◆ Problem: Go through the data and tally the lines that hold the string "nonzero". Reply with the total alone.

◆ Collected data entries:
-- ===== src/KmallocMap/Pages.antt =====
-- ex7.c and new_st.c: where the pages lie, and the loops over them.
use lkms.Prelude.{
  ℕ, zero, suc, ◌+◌, ◌*◌, ◌/◌, ◌%◌, ◌^◌, ◌≤◌, ◌<◌, ◌≡◌, refl, ◌∙◌, ap, arith, ◌==◌, ltb,
  if◌then◌else◌, true, false, List, [], ◌∷◌, ◌++◌, add64, page_size,
}
use lkms.Kernel.Run.{Run, ok, Ends, ends, ◌>>=◌}
use lkms.KmallocMap.{State, page_limit, page_align, page_text, c_string, reserve_pages, print_pages}
use lkms.KmallocMap.Bytes.{Spells, c_string-run, page_text-short, page_text-nonzero}

-- The rounded address is the first multiple of the page size from `ptr` on.
pub page_align_bounds :
    (ptr : ℕ)
    → ptr + (page_limit + 2) * page_size ≤ 2 ^ 64
    → (page_align ptr % page_size ≡ 0) × (ptr ≤ page_align ptr) × (page_align ptr < ptr + page_size)
unfolding page_align
page_align_bounds ptr h = omega arith

-- The area lies in the memory from kmalloc, which is in use.
pub record IsReady (s : State) : Type 0 where
  pub used : s.allocated ≡ true
  pub above : s.kmalloc_ptr ≤ s.kmalloc_area
  pub near : s.kmalloc_area < s.kmalloc_ptr + page_size
  pub low : s.kmalloc_ptr + (page_limit + 2) * page_size ≤ 2 ^ 64

-- The first `n` pages each begin with their text, ended by a NUL.
abbrev pub Texts : ℕ → State → Type 0
Texts n s =
    (j : ℕ)
    → j < n
    → Spells s.memory (s.kmalloc_area + page_size * j) (page_text (j + 1) ++ (0 ∷ []))

-- The texts of `n` pages, from page `i` on, counted from 0.
abbrev pub texts_from : ℕ → ℕ → List (List ℕ)
texts_from i zero = []
texts_from i (suc n) = page_text (i + 1) ∷ texts_from (i + 1) n

-- The two states differ at most in which pages are reserved.
pub record Reserves (s t : State) : Type 0 where
  pub ptr : t.kmalloc_ptr ≡ s.kmalloc_ptr
  pub area : t.kmalloc_area ≡ s.kmalloc_area
  pub end : t.end ≡ s.end
  pub memory : t.memory ≡ s.memory
  pub allocated : t.allocated ≡ s.allocated

reserve_pages-rounds :
    (n fuel i : ℕ) (s : State)
    → n < fuel
    → i + page_size * n ≡ page_limit * page_size
    → Ends (Reserves s) (reserve_pages fuel i s)
unfolding reserve_pages
reserve_pages-rounds n zero i s f e = absurd (omega arith)
reserve_pages-rounds zero (suc fuel) i s f e =
    let over : ltb i (page_limit * page_size) ≡ false = ground arith in
    rw (reserve_pages, over)
      (ends (record { ptr = refl; area = refl; end = refl; memory = refl; allocated = refl }))
reserve_pages-rounds (suc n) (suc fuel) i s f e =
    let more : ltb i (page_limit * page_size) ≡ true = ground arith in
    let t : State = record s {
      reserved = λ p. if (s.kmalloc_area + i) / page_size == p then true else s.reserved p;
    } in
    rw (reserve_pages, more)
      (rest (reserve_pages-rounds n fuel (i + page_size) t (omega arith) (omega arith)))
  where
    rest :
        {r : Run State}
        → Ends
            (Reserves (record s {
              reserved = λ p. if (s.kmalloc_area + i) / page_size == p then true else s.reserved p;
            }))
            r
        → Ends (Reserves s) r
    rest (ends v) = ends (record {
      ptr = v.ptr;
      area = v.area;
      end = v.end;
      memory = v.memory;
      allocated = v.allocated;
    })

pub reserve_pages-Reserves : (s : State) → Ends (Reserves s) (reserve_pages 17 0 s)
reserve_pages-Reserves s = reserve_pages-rounds 16 17 0 s (omega arith) refl

pub Reserves-IsReady : {s t : State} → Reserves s t → IsReady s → IsReady t
Reserves-IsReady r ready = record {
  used = r.allocated ∙ ready.used;
  above = omega (arith, r.ptr, r.area, ready.above);
  near = omega (arith, r.ptr, r.area, ready.near);
  low = omega (arith, r.ptr, ready.low);
}

print_pages-rounds :
    (n fuel i : ℕ) (s : State)
    → IsReady s
    → Texts 16 s
    → n < fuel
    → i + n ≡ 16
    → print_pages fuel (s.kmalloc_area + page_size * i) (s.kmalloc_area + page_limit * page_size) s
      ≡ ok (texts_from i n)
unfolding print_pages
print_pages-rounds n zero i s ready texts f e = absurd (omega arith)
print_pages-rounds zero (suc fuel) i s ready texts f e =
    let over : ltb (s.kmalloc_area + page_size * i) (s.kmalloc_area + page_limit * page_size)
        ≡ false =
      ground arith in
    rw (print_pages, over) refl
print_pages-rounds (suc n) (suc fuel) i s ready texts f e =
    let a : ℕ = s.kmalloc_area + page_size * i in
    let more : ltb a (s.kmalloc_area + page_limit * page_size) ≡ true = ground arith in
    let next : add64 a page_size ≡ s.kmalloc_area + page_size * (i + 1) =
      omega (arith, ready.near, ready.low) in
    let text : c_string page_size a s ≡ ok (page_text (i + 1)) =
      c_string-run page_size a (page_text (i + 1)) s ready.used (omega (arith, ready.above))
        (omega (arith, ready.near, page_text-short (i + 1)))
        (omega (arith, page_text-short (i + 1))) (page_text-nonzero (i + 1))
        (texts i (omega arith)) in
    rw
      (
        print_pages,
        more,
        text,
        ◌>>=◌,
        next,
        print_pages-rounds n fuel (i + 1) s ready texts (omega arith) (omega arith),
      )
      refl

-- If the 16 pages hold their texts, they are what is printed.
pub print_pages-Texts :
    (s : State)
    → IsReady s
    → Texts 16 s
    → print_pages 17 s.kmalloc_area (s.kmalloc_area + page_limit * page_size) s
      ≡ ok (texts_from 0 16)
print_pages-Texts s ready texts =
    ap (λ a. print_pages 17 a (s.kmalloc_area + page_limit * page_size) s) {x = s.kmalloc_area}
      {y = s.kmalloc_area + page_size * 0} (omega arith)
    ∙ print_pages-rounds 16 17 0 s ready texts (omega arith) refl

◆ Expected answer: 2